Levi goes on to add that "it's quite moody in this country at the moment". I ask her to elaborate, and Khan recalls a recent trip to New York where the band were all struck by a "bounce in people's step".

"We came back to London and just felt, like, 'It's not all that good,'" continues Levi. "I also went to Pelourinho in Salvador in Brazil, which was completely different and is quite dangerous. You know when somewhere's dangerous; you can feel it, you can sense it. It's a different kind of danger, but I came back home and got a similar kind of feeling here. Which is kind of funny."

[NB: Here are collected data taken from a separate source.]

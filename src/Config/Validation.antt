-- ===== src/Config/Validation.antt =====
-- internal/config/config.go: what a configuration that ValidateServer passes is known to be.
use quickworks.Base.{
  ℕ, ◌+◌, ◌≤◌, ◌<◌, ◌≡◌, refl, String, Bool, true, false, ◌&&◌, List, [], ◌∷◌, ◌==◌, arith, eq_iff,
  if◌then◌else◌, All, is_positive, Bool-cases, inl, inr,
}
use quickworks.Table.{count}
use quickworks.Config.{
  Template, ControlProvisioner, QuotaLimit, ServerConfig, ConfigError, Check, passed, fail_if,
  is_seen, check_templates, valid_quota, check_quotas, check_provisioners, validate_from_quotas,
  validate_server,
}

pub passed_if :
    (t : Bool) (e : ConfigError) (rest : Check)
    → fail_if t e rest ≡ passed
    → (t ≡ false) × (rest ≡ passed)
unfolding fail_if
passed_if true e rest h = cc
passed_if false e rest h = (refl, h)

abbrev pub templates_named : String → List Template → ℕ
templates_named name ts = count (λ t. t.name == name) ts

abbrev pub workers_named : String → List ControlProvisioner → ℕ
workers_named name ps = count (λ p. p.worker_id == name) ps

abbrev seen_after : List String → List Template → List String
seen_after seen [] = seen
seen_after seen (t ∷ ts) = seen_after (t.name ∷ seen) ts

abbrev once : Bool → ℕ
once b = if b then 1 else 0

check_templates-once :
    (seen : List String) (ts : List Template) (rest : List String → Check)
    → check_templates seen ts rest ≡ passed
    → (rest (seen_after seen ts) ≡ passed)
      × ((name : String) → once (is_seen name seen) + templates_named name ts ≤ 1)
unfolding check_templates count
check_templates-once seen [] rest h = (
  h,
  λ name. elim (Bool-cases (is_seen name seen)) [
    | inl e ↦ rw e (omega arith)
    | inr e ↦ rw e (omega arith)
  ],
)
check_templates-once seen (t ∷ ts) rest h =
    let (named, sized) = passed_if _ _ _ h in
    let (fine, later) = passed_if _ _ _ sized in
    let (done, unique) = check_templates-once (t.name ∷ seen) ts rest later in
    (done, λ name. ground (arith, unique name, eq_iff t.name name))

seen_after-count :
    (seen : List String) (ts : List Template) (name : String)
    → is_seen name (seen_after seen ts) ≡ true
    → is_seen name seen ≡ false
    → 0 < templates_named name ts
unfolding count
seen_after-count seen [] name found new = cc
seen_after-count seen (t ∷ ts) name found new = elim (Bool-cases (t.name == name)) [
  | inl same ↦ rw same (omega arith)
  | inr other ↦ rw other (seen_after-count (t.name ∷ seen) ts name found (rw other new))
]

check_provisioners-once :
    (seen : List String) (ps : List ControlProvisioner) (rest : Check)
    → check_provisioners seen ps rest ≡ passed
    → (rest ≡ passed)
      × ((name : String) → once (is_seen name seen) + workers_named name ps ≤ 1)
      × (workers_named "" ps ≡ 0)
unfolding check_provisioners count
check_provisioners-once seen [] rest h = (
  h,
  (λ name. elim (Bool-cases (is_seen name seen)) [
    | inl e ↦ rw e (omega arith)
    | inr e ↦ rw e (omega arith)
  ]),
  refl,
)
check_provisioners-once seen (p ∷ ps) rest h =
    let (named, later) = passed_if _ _ _ h in
    let (done, unique, nameless) = check_provisioners-once (p.worker_id ∷ seen) ps rest later in
    (done, (λ name. ground (arith, unique name, eq_iff p.worker_id name)), ground (arith, nameless))

abbrev pub is_positive_quota : QuotaLimit → Bool
is_positive_quota q = is_positive q.max_workspaces && is_positive q.max_running_workspaces

-- A quota for a configured template.
abbrev pub FitsTemplate : List Template → String × QuotaLimit → Type 0
FitsTemplate ts (name, limit) = (0 < templates_named name ts) × (is_positive_quota limit ≡ true)

check_quotas-fit :
    (ts : List Template) (quotas : List (String × QuotaLimit)) (rest : Check)
    → check_quotas (seen_after [] ts) quotas rest ≡ passed
    → (rest ≡ passed) × All (FitsTemplate ts) quotas
unfolding check_quotas valid_quota
check_quotas-fit ts [] rest h = (h, tt)
check_quotas-fit ts ((name, q) ∷ quotas) rest h =
    let (fits, later) = passed_if _ _ _ h in
    let (done, others) = check_quotas-fit ts quotas rest later in
    (done, ((seen_after-count [] ts name (ground arith) refl, ground arith), others))

pub record ValidServer (c : ServerConfig) : Type 0 where
  pub unique_templates : (name : String) → templates_named name c.templates ≤ 1
  pub default_template : 0 < templates_named c.default_template c.templates
  pub default_quota : is_positive_quota c.default_quota ≡ true
  pub template_quotas : All (FitsTemplate c.templates) c.template_quotas
  pub unique_workers : (name : String) → workers_named name c.provisioners ≤ 1
  pub named_workers : workers_named "" c.provisioners ≡ 0

-- A server configuration that passes names each template once, has its default template and a
-- template for every quota, only positive quotas, and provisioners with different, non-empty worker
-- IDs.
pub validate_server-ValidServer :
    (is_uri is_https : String → Bool) (c : ServerConfig)
    → validate_server is_uri is_https c ≡ passed
    → ValidServer c
unfolding validate_server validate_from_quotas valid_quota
validate_server-ValidServer is_uri is_https c h =
    let (u, h1) = passed_if _ _ _ h in
    let (l, h2) = passed_if _ _ _ h1 in
    let (t, h3) = passed_if _ _ _ h2 in
    let (h4, unique) = check_templates-once [] c.templates (validate_from_quotas is_https c) h3 in
    let (known, h5) = passed_if _ _ _ h4 in
    let (quota, h6) = passed_if _ _ _ h5 in
    let (h7, fits) = check_quotas-fit c.templates c.template_quotas _ h6 in
    let (w, h8) = passed_if _ _ _ h7 in
    let (s, h9) = passed_if _ _ _ h8 in
    let (f, h10) = passed_if _ _ _ h9 in
    let (p, h11) = passed_if _ _ _ h10 in
    let (done, unique_ps, named) = check_provisioners-once [] c.provisioners _ h11 in
    record {
      unique_templates = λ name. omega (arith, unique name);
      default_template = seen_after-count [] c.templates c.default_template (ground arith) refl;
      default_quota = ground arith;
      template_quotas = fits;
      unique_workers = λ name. omega (arith, unique_ps name);
      named_workers = named;
    }
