-- ===== src/Scheduler/Claim.antt =====
-- internal/server/router.go: registration, expireLeases and claimMatchingBuild.
use Prim.Native.String.{compare}
use Prim.Native.Nat.{Ordering}
use quickworks.Base.{
  ℕ, String, Bool, true, false, ◌&&◌, ◌||◌, Option, none, some, List, [], ◌∷◌, ◌==◌, if◌then◌else◌,
  ltb, leb, nat_eq,
}
use quickworks.Table.{count, select, first, update, insert, sort}
use quickworks.Database.{Build, Provisioner, Database, Observed, Status, is_running, is_queued}
use quickworks.Scheduler.{is_past, runs_for, release_slot, take_slot, observe}
use quickworks.Scheduler.Labels.{labels_contain}

-- A worker's claim: what it says of itself, the lease ID drawn for it and the times.
pub record Claim : Type 0 where
  pub worker_id : String
  pub labels : List String
  pub capacity : ℕ
  pub lease_hash : String
  pub now : ℕ
  pub until : ℕ

unfoldable pub new_provisioner : Claim → Provisioner
new_provisioner c = record {
  worker_id = c.worker_id;
  labels = c.labels;
  capacity = c.capacity;
  active_builds = 0;
  last_seen_at = c.now;
  updated_at = c.now;
}

-- INSERT INTO provisioners ... ON CONFLICT(worker_id) DO UPDATE
unfoldable pub register : Claim → Database → Database
register c db = record db {
  provisioners =
      if ltb 0 (count (λ p. p.worker_id == c.worker_id) db.provisioners)
      then update (λ p. p.worker_id == c.worker_id)
          (λ p. record p {
            labels = c.labels;
            capacity = c.capacity;
            last_seen_at = c.now;
            updated_at = c.now;
          })
          db.provisioners
      else insert (new_provisioner c) db.provisioners;
}

abbrev pub expiry_message : String
expiry_message = "provisioner lease expired; infrastructure reconciliation is required before retry"

unfoldable pub fail_expired : ℕ → Build → Build
fail_expired now b = record b {
  status = Status.failed;
  error = some expiry_message;
  completed_at = some now;
}

-- id = ? AND status = 'running'
abbrev pub still_running : Build → Build → Bool
still_running e b = (b.id == e.id) && is_running b.status

unfoldable pub release_claim : Option String → ℕ → List Provisioner → List Provisioner
release_claim none now ps = ps
release_claim (some worker) now ps = release_slot worker now ps

-- One round of expireLeases.
unfoldable pub expire_one : ℕ → Build → Database → Database
expire_one now e db =
    let builds' = update (still_running e) (fail_expired now) db.builds in
    if nat_eq (count (still_running e) db.builds) 1
    then record db {
      builds = builds';
      workspaces = observe e.workspace_id Observed.failed now db.workspaces;
      provisioners = release_claim e.claimed_by now db.provisioners;
    }
    else record db { builds = builds' }

unfoldable pub expire_each : ℕ → List Build → Database → Database
expire_each now [] db = db
expire_each now (e ∷ es) db = expire_each now es (expire_one now e db)

-- status = 'running' AND lease_expires_at <= ?
abbrev pub is_expired : ℕ → Build → Bool
is_expired now b = is_running b.status && is_past now b.lease_expires_at

unfoldable pub expire_leases : ℕ → Database → Database
expire_leases now db = expire_each now (select (is_expired now) db.builds) db

-- ORDER BY created_at, id
abbrev queued_before : Build → Build → Bool
queued_before a b =
    ltb a.created_at b.created_at
    || (nat_eq a.created_at b.created_at
        && elim (compare a.id b.id) [ Ordering.gt ↦ false | _ ↦ true ])

unfoldable pub candidates : Database → List Build
candidates db = sort queued_before (select (λ b. is_queued b.status) db.builds)

unfoldable pub lease_build : Claim → Build → Build
lease_build c b = record b {
  status = Status.running;
  claimed_by = some c.worker_id;
  lease_id_hash = some c.lease_hash;
  lease_expires_at = some c.until;
  started_at = some c.now;
}

-- id = ? AND status = 'queued'
abbrev pub still_queued : Build → Build → Bool
still_queued e b = (b.id == e.id) && is_queued b.status

unfoldable pub grant : Claim → Build → Database → Database
grant c e db = record db {
  builds = update (still_queued e) (lease_build c) db.builds;
  provisioners = take_slot c.worker_id c.now db.provisioners;
}

-- The loop over the candidates: the first whose template's labels the worker has is leased.
-- The source takes a row with an empty ID for none; the IDs of builds are random and not empty.
unfoldable pub claim_first :
    (String → List String) → Claim → List Build → Database → Option Build × Database
claim_first required c [] db = (none, db)
claim_first required c (e ∷ es) db =
    let rest = claim_first required c es db in
    if labels_contain c.labels (required e.template_name)
    then elim (first (still_queued e) db.builds) [
      | none ↦ rest
      | some b ↦ (some (lease_build c b), grant c e db)
    ]
    else rest

unfoldable pub claim_matching_build :
    (String → List String) → Claim → Database → Option Build × Database
claim_matching_build required c db =
    if leb c.capacity (count (runs_for c.worker_id) db.builds)
    then (none, db)
    else claim_first required c (candidates db) db
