-- ===== src/Scheduler/Leases.antt =====
-- internal/server/router.go: the lease actions renew, complete and logs.
use quickworks.Base.{
  ℕ, ◌+◌, ◌*◌, String, Bool, true, false, ◌&&◌, Option, none, some, List, [], ◌∷◌, ◌==◌,
  if◌then◌else◌, ltb, nat_eq,
}
use quickworks.Results.{Result, ok, err, lease_expired}
use quickworks.Table.{count, first, update, insert}
use quickworks.Database.{
  Build, BuildLog, Workspace, Database, Observed, Status, Transition, start, stop, delete,
  is_running, is_live,
}
use quickworks.Scheduler.{holds_lease, release_slot}

-- Who asks, about which build; the lease ID by its hash.
pub record Lease : Type 0 where
  pub build_id : String
  pub worker_id : String
  pub lease_hash : String
  pub now : ℕ

abbrev pub held : Lease → Build → Bool
held l = holds_lease l.build_id l.worker_id l.lease_hash l.now

-- UPDATE and the test of RowsAffected
unfoldable pub renew : Lease → Database → Result Database
renew l db =
    if nat_eq (count (held l) db.builds) 1
    then ok (record db {
      builds =
          update (held l) (λ b. record b { lease_expires_at = some (l.now + 2 * 60) }) db.builds;
    })
    else err lease_expired

abbrev pub nil_if_empty : String → Option String
nil_if_empty s = if s == "" then none else some s

abbrev pub settled : Transition → Observed
settled start = Observed.running
settled stop = Observed.stopped
settled delete = Observed.deleted

-- observed_state, by the build's outcome
abbrev pub outcome : Bool → Transition → Observed
outcome true t = settled t
outcome false t = Observed.failed

abbrev is_delete : Transition → Bool
is_delete delete = true
is_delete _ = false

unfoldable pub settle : Bool → Transition → ℕ → Workspace → Workspace
settle succeeded t now w = record w {
  observed_state = outcome succeeded t;
  updated_at = now;
  deleted_at = if succeeded && is_delete t then some now else w.deleted_at;
}

unfoldable pub finish : Bool → String → ℕ → Build → Build
finish succeeded error now b = record b {
  status = if succeeded then Status.succeeded else Status.failed;
  error = nil_if_empty error;
  completed_at = some now;
}

-- What completeBuild writes for the build that it found.
unfoldable pub completed : Lease → String → Build → Database → Database
completed l error b db =
    let succeeded = error == "" in
    record db {
      builds = update (λ x. x.id == l.build_id) (finish succeeded error l.now) db.builds;
      workspaces =
          update (λ w. (w.id == b.workspace_id) && is_live w) (settle succeeded b.transition l.now)
            db.workspaces;
      provisioners = release_slot l.worker_id l.now db.provisioners;
    }

-- completeBuild; a worker's error text makes the build failed.
unfoldable pub complete_build : Lease → String → Database → Result Database
complete_build l error db = elim (first (λ b. is_running b.status && held l b) db.builds) [
  | none ↦ err lease_expired
  | some b ↦ ok (completed l error b db)
]

-- COALESCE(MAX(sequence), 0) over the log of a build
unfoldable pub last_log : String → List BuildLog → ℕ
last_log id [] = 0
last_log id (e ∷ es) =
    let rest = last_log id es in
    if (e.build_id == id) && ltb rest e.sequence then e.sequence else rest

unfoldable pub append_log : Lease → String → String → Database → Result Database
append_log l level message db = elim (first (held l) db.builds) [
  | none ↦ err lease_expired
  | some b ↦ ok (record db {
    build_logs =
        insert
          (record {
            build_id = l.build_id;
            sequence = last_log l.build_id db.build_logs + 1;
            level = level;
            message = message;
          })
          db.build_logs;
  })
]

Just as she's speaking, a brief but noisy storm is breaking out overhead, so maybe we should blame the weather. But despite being of a generation where global travel and digital culture have changed everyone's point of reference, the band seem determined to maintain an element of Britishness to what they do. Their lyrics are full of colloquialisms ("Are you sure that you're OK?" "Couldn't be better"), the vocals are spun in Ian Dury-esque monotone, and there are touches of Goons-esque humour to the music as well as the tones of the Clash. When I arrive, the EastEnders Sing-Along album is on the turntable, and I'm served tea in a paper union flag cup.

"The internet merges everything," says Levi. "Back in the day, when the idea of a telephone call was still pretty snazzy, bands started touring to show off their sound. They were saying, 'We have to go show people this! We have to show people the sound that we've started making here!' You go abroad on tour now and you come off a plane and everyone looks the same as they do in London.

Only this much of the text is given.